Ibarat wayang kulit, batang tubuh wayang kulit yang lemas itu tidak bisa dijalankan oleh dalang jika wayang itu tidak digapit oleh kayu penjalin kecil yang kuat membujur dari kepala (puncak) sampai di bawah sehingga bisa ditancapkan pada batang pisang oleh si dalang. Tidak ada wayang kulit yang kayu penggapitnya itu lemas, apalagi hanya sampai di tengah-tengah tubuh wayang.
Bukan seperti UU Pemerintahan Daerah kita, kayu penggapit wayang otonomi itu sebenarnya mewakili kepentingan pemerintah pusat hanya sampai ke gubernur di tengah-tengah tubuh wayang otonomi, tidak sampai pada tataran jenjang pemerintah daerah terbawah di kabupaten dan pemerintah kota. Dalang otonomi merasakan betapa sulitnya menganalisis pelaksanaan otonomi daerah
Kepala daerah di negara kesatuan
Di bulan Desember tahun ini kita akan memilih kepala-kepala daerah yang pencalonannya seperti diutarakan di muka diusulkan oleh partai politik atau gabungan partai politik atau independen yang ciri daerahnya sangat diutamakan. Bahkan mulai sekarang ini sudah mulai banyak orang yang berburu KTP supaya bisa menjadi orang daerah yang akan menjadi calon kepala daerahnya. Jika syarat ini yang diutamakan, maka kepala-kepala daerah itu nantinya cenderung akan memperkuat putusnya kayu penjalin seperti yang diuraikan di atas.
Kepala daerah di negara kesatuan yang akan mewakili kepentingan sektarian partai politik dan kedaerahannya ketimbang kepentingan altruistik nasionalisme. Oleh karena itu, persyaratannya harus ditambah dengan menekankan terhadap calon yang memahami sistem dari suatu negara kesatuan. Calon harus paham dan mampu mengamalkan dalam administrasi pemerintahan daerah nilai-nilai Pancasila, nasionalisme, dan kebangsaan. Calon harus paham secara sempurna penyelenggaraan pemerintahan nasional dan daerah. Calon harus mampu memahami konstitusi kita, mengetahui dan memahami semua peraturan perundangan nasional.

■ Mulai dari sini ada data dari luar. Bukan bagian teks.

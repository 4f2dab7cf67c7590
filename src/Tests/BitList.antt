-- ===== src/Tests/BitList.antt =====
-- A platform for the tests: a bit buffer that is the list of the bits still to be read, lowest bit
-- first, and whole numbers for floats.
use haste.Prelude.{
  ℕ, zero, suc, ◌+◌, ◌-◌, ◌*◌, ◌%◌, ◌/◌, ◌^◌, ◌≤◌, ◌<◌, ◌≡◌, arith, Bool, List, [], ◌∷◌, ◌++◌,
  subst, length, ◌&&◌, not, if◌then◌else◌, ◌==◌,
}
use native.Mathlib.Nat.{pow-suc}
use haste.Prelude.Int.{ℤ, pos, negsuc, ◌≤ℤ◌, ◌+ℤ◌, ◌-ℤ◌, ◌*ℤ◌, pos_part, neg_part, ltb_ℤ}
use haste.Outcome.{Result, success, failure}
use haste.Platform.{Platform, Documented, Floats}

pub data ReadError : Type 0 where
  end_of_data buffer_too_small try_from_int : ReadError

unfoldable pub take_bits : ℕ → List Bool → Result ReadError (ℕ × List Bool)
take_bits zero bits = success (0, bits)
take_bits (suc n) [] = failure end_of_data
take_bits (suc n) (b ∷ bits) = elim (take_bits n bits) [
  | success (v, rest) ↦ success ((if b then 1 else 0) + 2 * v, rest)
  | failure e ↦ failure e
]

unfoldable pub take_bit : List Bool → Result ReadError (Bool × List Bool)
take_bit [] = failure end_of_data
take_bit (b ∷ bits) = success (b, bits)

-- One byte for each place of the buffer.
unfoldable pub take_bytes : List ℕ → List Bool → Result ReadError (List ℕ × List Bool)
unfolding take_bits
take_bytes [] bits = success ([], bits)
take_bytes (b ∷ bs) bits = elim (take_bits 8 bits) [
  | failure e ↦ failure e
  | success (v, rest) ↦ elim (take_bytes bs rest) [
    | failure e ↦ failure e
    | success (vs, rest') ↦ success (v ∷ vs, rest')
  ]
]

-- Zigzag over eight bits.
unfoldable pub take_signed : List Bool → Result ReadError (ℤ × List Bool)
unfolding take_bits
take_signed bits = elim (take_bits 8 bits) [
  | success (v, rest) ↦ success ((if v % 2 == 0 then pos (v / 2) else negsuc (v / 2)), rest)
  | failure e ↦ failure e
]

unfoldable pub seek_bits : ℤ → List Bool → Result ReadError (List Bool)
unfolding take_bits
seek_bits (pos n) bits = elim (take_bits n bits) [
  | success (v, rest) ↦ success rest
  | failure e ↦ failure e
]
seek_bits (negsuc n) bits = failure end_of_data

abbrev pub byte_bits : ℕ → ℕ → List Bool
byte_bits zero v = []
byte_bits (suc n) v = (v % 2 == 1) ∷ byte_bits n (v / 2)

abbrev pub to_bits : List ℕ → List Bool
to_bits [] = []
to_bits (b ∷ bs) = byte_bits 8 b ++ to_bits bs

-- Whole numbers; a fraction is cut off.
abbrev pub number_floats : Floats
number_floats = record {
  F32 = ℤ;
  F64 = ℤ;
  literal = λ n k. pos (n / 10 ^ k);
  from_bits = λ v. pos v;
  of_ℕ = λ v. pos v;
  of_ℤ = λ v. v;
  to_i32 = λ v. v;
  add = ◌+ℤ◌;
  sub = ◌-ℤ◌;
  mul = ◌*ℤ◌;
  div = λ a b. pos (pos_part a / pos_part b);
  neg = λ a. pos 0 -ℤ a;
  sqrt = λ a. a;
  abs = λ a. pos (pos_part a + neg_part a);
  eq = λ a b. (pos_part a == pos_part b) && (neg_part a == neg_part b);
  lt = ltb_ℤ;
  le = λ a b. not (ltb_ℤ b a);
  of_f32 = λ a. a;
  of_u32 = λ v. pos v;
  to_f32 = λ a. a;
  to_u32 = pos_part;
  mul64 = ◌*ℤ◌;
  div64 = λ a b. pos (pos_part a / pos_part b);
  lt64 = ltb_ℤ;
}

abbrev pub bit_list : Bool → Platform
bit_list checks = record {
  State = List Bool;
  Error = ReadError;
  buffer_too_small = buffer_too_small;
  try_from_int = try_from_int;
  malformed_varint = end_of_data;
  new = to_bits;
  num_bits_left = λ bits. length bits;
  num_bits_read = λ bits. 0;
  read_ubit64 = take_bits;
  read_bool = take_bit;
  read_byte = take_bits 8;
  read_bits = λ buf n bits. failure end_of_data;
  read_bytes = take_bytes;
  is_overflowed = λ bits. success tt;
  seek_relative = seek_bits;
  read_uvarint32 = take_bits 8;
  read_uvarint = take_bits 8;
  read_varint32 = take_signed;
  read_varint64 = take_signed;
  after_failed_ubit64 = λ n s. s;
  after_failed_uvarint32 = λ s. s;
  get_bit_for_bit_num = λ n. 2 ^ n;
  floats = number_floats;
  overflow_checks = checks;
}

abbrev Bounded : ℕ → List Bool → Result ReadError (ℕ × List Bool) → Type 0
Bounded n bits (success (v, rest)) = (v < 2 ^ n) × (length rest + n ≡ length bits)
Bounded n bits (failure e) = Unit {0}

take_bits-Bounded : (n : ℕ) (bits : List Bool) → Bounded n bits (take_bits n bits)
unfolding take_bits
take_bits-Bounded zero bits = omega arith
take_bits-Bounded (suc n) [] = tt
take_bits-Bounded (suc n) (b ∷ bits) = step (take_bits n bits) (take_bits-Bounded n bits)
  where
    step :
        (r : Result ReadError (ℕ × List Bool))
        → Bounded n bits r
        → Bounded (suc n) (b ∷ bits) (elim r [
          | success (v, rest) ↦ success ((if b then 1 else 0) + 2 * v, rest)
          | failure e ↦ failure e
        ])
    step (success (v, rest)) (h, k) = (ground (arith, pow-suc 2 n), omega arith)
    step (failure e) h = tt

take_bits_bounds :
    (n : ℕ) (bits : List Bool) {v : ℕ} {rest : List Bool}
    → take_bits n bits ≡ success (v, rest)
    → (v < 2 ^ n) × (length rest + n ≡ length bits)
take_bits_bounds n bits e = subst (Bounded n bits) e (take_bits-Bounded n bits)

abbrev SignedBounded : List Bool → Result ReadError (ℤ × List Bool) → Type 0
SignedBounded bits (success (v, rest)) =
    (negsuc (2 ^ 31 - 1) ≤ℤ v) × (v ≤ℤ pos (2 ^ 31 - 1)) × (length rest ≤ length bits)
SignedBounded bits (failure e) = Unit {0}

take_signed-Bounded : (bits : List Bool) → SignedBounded bits (take_signed bits)
unfolding take_signed
take_signed-Bounded bits = zigzag (take_bits 8 bits) (take_bits-Bounded 8 bits)
  where
    zigzag :
        (r : Result ReadError (ℕ × List Bool))
        → Bounded 8 bits r
        → SignedBounded bits (elim r [
          | success (v, rest) ↦ success ((if v % 2 == 0 then pos (v / 2) else negsuc (v / 2)), rest)
          | failure e ↦ failure e
        ])
    zigzag (success (v, rest)) (h, k) = ground arith
    zigzag (failure e) h = tt

take_signed_bounds :
    (bits : List Bool) {v : ℤ} {rest : List Bool}
    → take_signed bits ≡ success (v, rest)
    → (negsuc (2 ^ 31 - 1) ≤ℤ v) × (v ≤ℤ pos (2 ^ 31 - 1)) × (length rest ≤ length bits)
take_signed_bounds bits e = subst (SignedBounded bits) e (take_signed-Bounded bits)

take_bit_left :
    (bits : List Bool) {b : Bool} {rest : List Bool}
    → take_bit bits ≡ success (b, rest)
    → length rest + 1 ≡ length bits
unfolding take_bit
take_bit_left [] e = absurd (cc)
take_bit_left (b ∷ bits) {rest = rest} e = let same : bits ≡ rest = cc in rw (← same) (omega arith)

seek_bits_of_take :
    (n : ℕ) (bits : List Bool) {v : ℕ} {rest : List Bool}
    → take_bits n bits ≡ success (v, rest)
    → seek_bits (pos n) bits ≡ success rest
unfolding seek_bits
seek_bits_of_take n bits e = rw (e, seek_bits)

pub bit_list-Documented : (checks : Bool) → Documented (bit_list checks)
bit_list-Documented checks = record {
  read_ubit64_bounds = take_bits_bounds;
  read_bool_left = take_bit_left;
  read_byte_bounds = take_bits_bounds 8;
  read_varint32_bounds = take_signed_bounds;
  seek_relative_of_read = seek_bits_of_take;
}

Selain itu, peraturan dan kebijakan perundangan yang menekankan adanya wakil pemerintah pusat hanya berada di salah satu tingkat dan jenjang pemerintahan perlu disempurnakan. Demikian pula titik berat pelaksanaan otonomi yang diletakkan di salah satu tingkat atau jenjang pemerintah di kabupaten atau provinsi perlu dihapus, karena di negara kesatuan itu pelaksanaan kewenangan pemerintah membentang pada seluruh wilayah dan daerah dari pusat sampai ke daerah. Titik beratnya berada di pemerintah nasional atau pusat, sedangkan kewenangan di pemerintah daerah dilakukan melalui asas desentralisasi.
Adapun titelatur atau sebutan untuk kepala daerah bisa disarankan seperti yang dipergunakan oleh UU No 5 Tahun 1974, misalnya gubernur kepala daerah, bupati/wali kota kepala daerah. Sebutan gubernur, bupati, dan wali kota sebagai jabatan yang mewakili kepentingan pemerintah nasional atau pusat, dan sebutan kepala daerah mewakili kepentingan orang atau pemerintah daerah masing-masing.

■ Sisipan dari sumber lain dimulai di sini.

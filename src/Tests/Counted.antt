-- ===== src/Tests/Counted.antt =====
-- A second platform for the tests: the bit list, with the number of bits that were taken.
use haste.Prelude.{
  ℕ, zero, suc, ◌+◌, ◌-◌, ◌*◌, if◌then◌else◌, ◌^◌, ◌≤◌, ◌≡◌, refl, arith, Bool, List, [], ◌∷◌,
  length, subst, sym,
}
use haste.Prelude.Int.{ℤ, pos, negsuc}
use haste.Outcome.{Result, success, failure}
use haste.Platform.{Platform, Documented, Positions, Advances}
use haste.Tests.BitList.{
  ReadError, end_of_data, buffer_too_small, try_from_int, number_floats, bit_list,
  bit_list-Documented, take_bits, take_bit, take_bytes, take_signed, to_bits,
}

abbrev State : Type 0
State = ℕ × List Bool

abbrev count :
    {A : Type 0}
    → (List Bool → Result ReadError (A × List Bool))
    → State
    → Result ReadError (A × State)
count read (n, bits) = elim (read bits) [
  | success (v, rest) ↦ success (v, (n + (length bits - length rest), rest))
  | failure e ↦ failure e
]

abbrev rest_of : ℕ → List Bool → Result ReadError (List Bool)
rest_of zero bits = success bits
rest_of (suc n) [] = failure end_of_data
rest_of (suc n) (b ∷ bits) = rest_of n bits

abbrev seek : ℤ → State → Result ReadError State
seek (pos m) (n, bits) = elim (rest_of m bits) [
  | success rest ↦ success (n + (length bits - length rest), rest)
  | failure e ↦ failure e
]
seek (negsuc m) s = failure end_of_data

-- At most eight bits, into the first byte of the buffer.
abbrev fill_first : List ℕ → ℕ → List Bool → Result ReadError (List ℕ × List Bool)
fill_first [] n bits = failure buffer_too_small
fill_first (b ∷ buf) n bits = elim (take_bits n bits) [
  | success (v, rest) ↦ success (v ∷ buf, rest)
  | failure e ↦ failure e
]

abbrev pub counted : Bool → Platform
counted checks = record {
  State = State;
  Error = ReadError;
  buffer_too_small = buffer_too_small;
  try_from_int = try_from_int;
  malformed_varint = end_of_data;
  new = λ bytes. (0, to_bits bytes);
  num_bits_left = λ s. length s.1;
  num_bits_read = λ s. s.0;
  read_ubit64 = λ n. count (take_bits n);
  read_bool = count take_bit;
  read_byte = count (take_bits 8);
  read_bits = λ buf n. count (fill_first buf n);
  read_bytes = λ buf. count (take_bytes buf);
  is_overflowed = λ s. success tt;
  seek_relative = seek;
  read_uvarint32 = count (take_bits 8);
  read_uvarint = count (take_bits 8);
  read_varint32 = count take_signed;
  read_varint64 = count take_signed;
  after_failed_ubit64 = λ n s. s;
  after_failed_uvarint32 = λ s. s;
  get_bit_for_bit_num = λ n. 2 ^ n;
  floats = number_floats;
  overflow_checks = checks;
}

-- What was read from the list.
count_of :
    {A : Type 0} (read : List Bool → Result ReadError (A × List Bool)) (s : State) {v : A}
    {s' : State}
    → count read s ≡ success (v, s')
    → (read s.1 ≡ success (v, s'.1)) × (s'.0 ≡ s.0 + (length s.1 - length s'.1))
count_of {A} read (n, bits) {v} {s'} e = at_result (read bits) e
  where
    at_result :
        (r : Result ReadError (A × List Bool))
        → count (λ b. r) (n, bits) ≡ success (v, s')
        → (r ≡ success (v, s'.1)) × (s'.0 ≡ n + (length bits - length s'.1))
    at_result (success (w, rest)) e =
        let same : w ≡ v = cc in
        let behind : ◌≡◌ {A = State} (n + (length bits - length rest), rest) s' = cc in
        rw (← same, ← behind) (refl, refl)
    at_result (failure x) e = absurd (cc)

-- A read that takes bits from the list advances.
Advances-count :
    {A : Type 0} (checks : Bool) (read : List Bool → Result ReadError (A × List Bool)) (s : State)
    {v : A} {s' : State}
    → (read s.1 ≡ success (v, s'.1) → length s'.1 ≤ length s.1)
    → count read s ≡ success (v, s')
    → Advances (counted checks) s s'
Advances-count checks read s fewer e =
    let (r, n) = count_of read s e in let le = fewer r in (le, rw n (omega arith))

-- The part of a read that a seek repeats.
abbrev IsRest : {A : Type 0} → ℕ → List Bool → Result ReadError (A × List Bool) → Type 0
IsRest n bits (success (v, rest)) = rest_of n bits ≡ success rest
IsRest n bits (failure e) = Unit {0}

take_bits-IsRest : (n : ℕ) (bits : List Bool) → IsRest n bits (take_bits n bits)
unfolding take_bits
take_bits-IsRest zero bits = refl
take_bits-IsRest (suc n) [] = tt
take_bits-IsRest (suc n) (b ∷ bits) = step (take_bits n bits) (take_bits-IsRest n bits)
  where
    step :
        (r : Result ReadError (ℕ × List Bool))
        → IsRest n bits r
        → IsRest (suc n) (b ∷ bits) (elim r [
          | success (v, rest) ↦ success ((if b then 1 else 0) + 2 * v, rest)
          | failure e ↦ failure e
        ])
    step (success (v, rest)) h = h
    step (failure e) h = tt

rest_of_read :
    {A : Type 0} (n : ℕ) (bits : List Bool) (r : Result ReadError (A × List Bool)) {v : A}
    {rest : List Bool}
    → IsRest n bits r
    → r ≡ success (v, rest)
    → rest_of n bits ≡ success rest
rest_of_read n bits r h e = subst (IsRest n bits) e h

rest_of_again :
    (m n : ℕ) (bits : List Bool) {middle rest : List Bool}
    → rest_of m bits ≡ success middle
    → rest_of n middle ≡ success rest
    → rest_of (m + n) bits ≡ success rest
rest_of_again zero n bits {middle} e r =
    let same : bits ≡ middle = cc in let sum : 0 + n ≡ n = omega arith in rw (sum, same) r
rest_of_again (suc m) n [] e r = absurd (cc)
rest_of_again (suc m) n (b ∷ bits) e r =
    let sum : suc m + n ≡ suc (m + n) = omega arith in rw sum (rest_of_again m n bits e r)

rest_of_fewer :
    (n : ℕ) (bits : List Bool) {rest : List Bool}
    → rest_of n bits ≡ success rest
    → length rest + n ≡ length bits
rest_of_fewer zero bits {rest} e = let same : bits ≡ rest = cc in rw same (omega arith)
rest_of_fewer (suc n) [] e = absurd (cc)
rest_of_fewer (suc n) (b ∷ bits) e = omega (arith, rest_of_fewer n bits e)

take_bytes-IsRest :
    (buf : List ℕ) (bits : List Bool) → IsRest (8 * length buf) bits (take_bytes buf bits)
unfolding take_bytes
take_bytes-IsRest [] bits = refl
take_bytes-IsRest (b ∷ bs) bits =
    first (take_bits 8 bits) (take_bits-IsRest 8 bits) (λ rest. take_bytes-IsRest bs rest)
  where
    second :
        (v : ℕ) (middle : List Bool)
        → rest_of 8 bits ≡ success middle
        → (r : Result ReadError (List ℕ × List Bool)) → IsRest (8 * length bs) middle r
        → IsRest
            (8 * length (b ∷ bs))
            bits
            (elim r [ failure e ↦ failure e | success (vs, rest') ↦ success (v ∷ vs, rest') ])
    second v middle e (success (vs, rest)) h =
        let sum : 8 * length (b ∷ bs) ≡ 8 + 8 * length bs = omega arith in
        rw sum (rest_of_again 8 (8 * length bs) bits e h)
    second v middle e (failure x) h = tt

    first :
        (r : Result ReadError (ℕ × List Bool))
        → IsRest 8 bits r
        → ((rest : List Bool) → IsRest (8 * length bs) rest (take_bytes bs rest))
        → IsRest (8 * length (b ∷ bs)) bits (elim r [
          | failure e ↦ failure e
          | success (v, rest) ↦ elim (take_bytes bs rest) [
            | failure e ↦ failure e
            | success (vs, rest') ↦ success (v ∷ vs, rest')
          ]
        ])
    first (success (v, middle)) e ih = second v middle e (take_bytes bs middle) (ih middle)
    first (failure x) e ih = tt

take_bit-IsRest : (bits : List Bool) → IsRest 1 bits (take_bit bits)
unfolding take_bit
take_bit-IsRest [] = tt
take_bit-IsRest (b ∷ bits) = refl

seek_of_rest :
    (m : ℕ) (s s' : State)
    → rest_of m s.1 ≡ success s'.1
    → s'.0 ≡ s.0 + (length s.1 - length s'.1)
    → seek (pos m) s ≡ success s'
seek_of_rest m (n, bits) (n', rest) e k =
    subst
      (λ (r : Result ReadError (List Bool)).
        ◌≡◌ {A = Result ReadError State}
          (elim r [
            | success rest ↦ success (n + (length bits - length rest), rest)
            | failure e ↦ failure e
          ])
          (success (n', rest)))
      (sym e) (rw (← k) refl)

-- A seek goes where a read goes that takes as many bits.
seek_of_count :
    {A : Type 0} (m : ℕ) (read : List Bool → Result ReadError (A × List Bool)) (s : State) {v : A}
    {s' : State}
    → IsRest m s.1 (read s.1)
    → count read s ≡ success (v, s')
    → seek (pos m) s ≡ success s'
seek_of_count m read s {v} {s'} h e =
    let (r, n) = count_of read s e in seek_of_rest m s s' (rest_of_read m s.1 (read s.1) h r) n

-- And the bits that are left say so.
left_of_count :
    {A : Type 0} (m : ℕ) (read : List Bool → Result ReadError (A × List Bool)) (s : State) {v : A}
    {s' : State}
    → IsRest m s.1 (read s.1)
    → count read s ≡ success (v, s')
    → length s'.1 + m ≡ length s.1
left_of_count m read s h e =
    let (r, n) = count_of read s e in rest_of_fewer m s.1 (rest_of_read m s.1 (read s.1) h r)

Advances-of_count :
    {A : Type 0} (checks : Bool) (m : ℕ) (read : List Bool → Result ReadError (A × List Bool))
    (s : State) {v : A} {s' : State}
    → IsRest m s.1 (read s.1)
    → count read s ≡ success (v, s')
    → Advances (counted checks) s s'
Advances-of_count checks m read s h e =
    let (r, n) = count_of read s e in
    let left = left_of_count m read s h e in (omega arith, rw n (omega arith))

seek_of :
    (m : ℕ) (s : State) {s' : State}
    → seek (pos m) s ≡ success s'
    → (rest_of m s.1 ≡ success s'.1) × (s'.0 ≡ s.0 + (length s.1 - length s'.1))
seek_of m (n, bits) {s'} e = at_result (rest_of m bits) e
  where
    at_result :
        (r : Result ReadError (List Bool))
        → ◌≡◌ {A = Result ReadError State}
            (elim r [
              | success rest ↦ success (n + (length bits - length rest), rest)
              | failure x ↦ failure x
            ])
            (success s')
        → (r ≡ success s'.1) × (s'.0 ≡ n + (length bits - length s'.1))
    at_result (success rest) e =
        let behind : ◌≡◌ {A = State} (n + (length bits - length rest), rest) s' = cc in
        rw (← behind) (refl, refl)
    at_result (failure x) e = absurd (cc)

seek_again :
    (m n : ℕ) (s : State) {s' s'' : State}
    → seek (pos m) s ≡ success s'
    → seek (pos n) s' ≡ success s''
    → seek (pos (m + n)) s ≡ success s''
seek_again m n s {s'} {s''} e r =
    let (x, k) = seek_of m s e in
    let (x', k') = seek_of n s' r in
    let fewer = rest_of_fewer m s.1 x in
    let fewer' = rest_of_fewer n s'.1 x' in
    seek_of_rest (m + n) s s'' (rest_of_again m n s.1 x x') (rw (k', k) (omega arith))

zigzag-fewer :
    (checks : Bool) (bits rest : List Bool) {v : ℤ}
    → take_signed bits ≡ success (v, rest)
    → length rest ≤ length bits
zigzag-fewer checks bits rest e = ((bit_list-Documented checks).read_varint32_bounds bits e).2

pub counted-Documented : (checks : Bool) → Documented (counted checks)
counted-Documented checks = record {
  read_ubit64_bounds = λ n s e. d.read_ubit64_bounds n s.1 (count_of (take_bits n) s e).0;
  read_bool_left = λ s e. d.read_bool_left s.1 (count_of take_bit s e).0;
  read_byte_bounds = λ s e. d.read_byte_bounds s.1 (count_of (take_bits 8) s e).0;
  read_varint32_bounds = λ s e. d.read_varint32_bounds s.1 (count_of take_signed s e).0;
  seek_relative_of_read = λ n s e. seek_of_count n (take_bits n) s (take_bits-IsRest n s.1) e;
}
  where
    d : Documented (bit_list checks)
    d = bit_list-Documented checks

pub counted-Positions : (checks : Bool) → Positions (counted checks)
counted-Positions checks = record {
  read_ubit64_advances =
      λ n s e. Advances-of_count checks n (take_bits n) s (take_bits-IsRest n s.1) e;
  read_bool_advances = λ s e. Advances-of_count checks 1 take_bit s (take_bit-IsRest s.1) e;
  read_byte_advances = byte_advances;
  read_bytes_advances = λ buf s e. (
    Advances-of_count checks (8 * length buf) (take_bytes buf) s (take_bytes-IsRest buf s.1) e,
    left_of_count (8 * length buf) (take_bytes buf) s (take_bytes-IsRest buf s.1) e,
  );
  read_uvarint32_advances = byte_advances;
  read_uvarint_advances = byte_advances;
  read_varint64_advances = signed_advances;
  seek_relative_of_bool = λ s e. seek_of_count 1 take_bit s (take_bit-IsRest s.1) e;
  seek_relative_of_bytes =
      λ buf s e. seek_of_count (8 * length buf) (take_bytes buf) s (take_bytes-IsRest buf s.1) e;
  seek_relative_none = λ s. seek_of_rest 0 s s refl (omega arith);
  seek_relative_again = seek_again;
}
  where
    byte_advances :
        (s : State) {v : ℕ} {s' : State}
        → count (take_bits 8) s ≡ success (v, s')
        → Advances (counted checks) s s'
    byte_advances s e = Advances-of_count checks 8 (take_bits 8) s (take_bits-IsRest 8 s.1) e

    signed_advances :
        (s : State) {v : ℤ} {s' : State}
        → count take_signed s ≡ success (v, s')
        → Advances (counted checks) s s'
    signed_advances s {v} {s'} e =
        Advances-count checks take_signed s (λ r. zigzag-fewer checks s.1 s'.1 r) e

Calon yang didukung partai politik begitu sudah dipilih oleh seluruh rakyat menjadi kepala daerah harus menanggalkan aspirasi dan kepentingan partai politiknya beralih menjadi mewujudkan kepentingan seluruh rakyat dan kewajiban negara sebagai abdi rakyat dan abdi negara dari negara kesatuan yang dicintainya.
Miftah Thoha
Guru Besar (ret) UGM dan Anggota Dewan Pakar MIPI
* Artikel ini terbit di harian Kompas edisi 8 Juni 2015 dengan judul "Kepala Daerah di NKRI".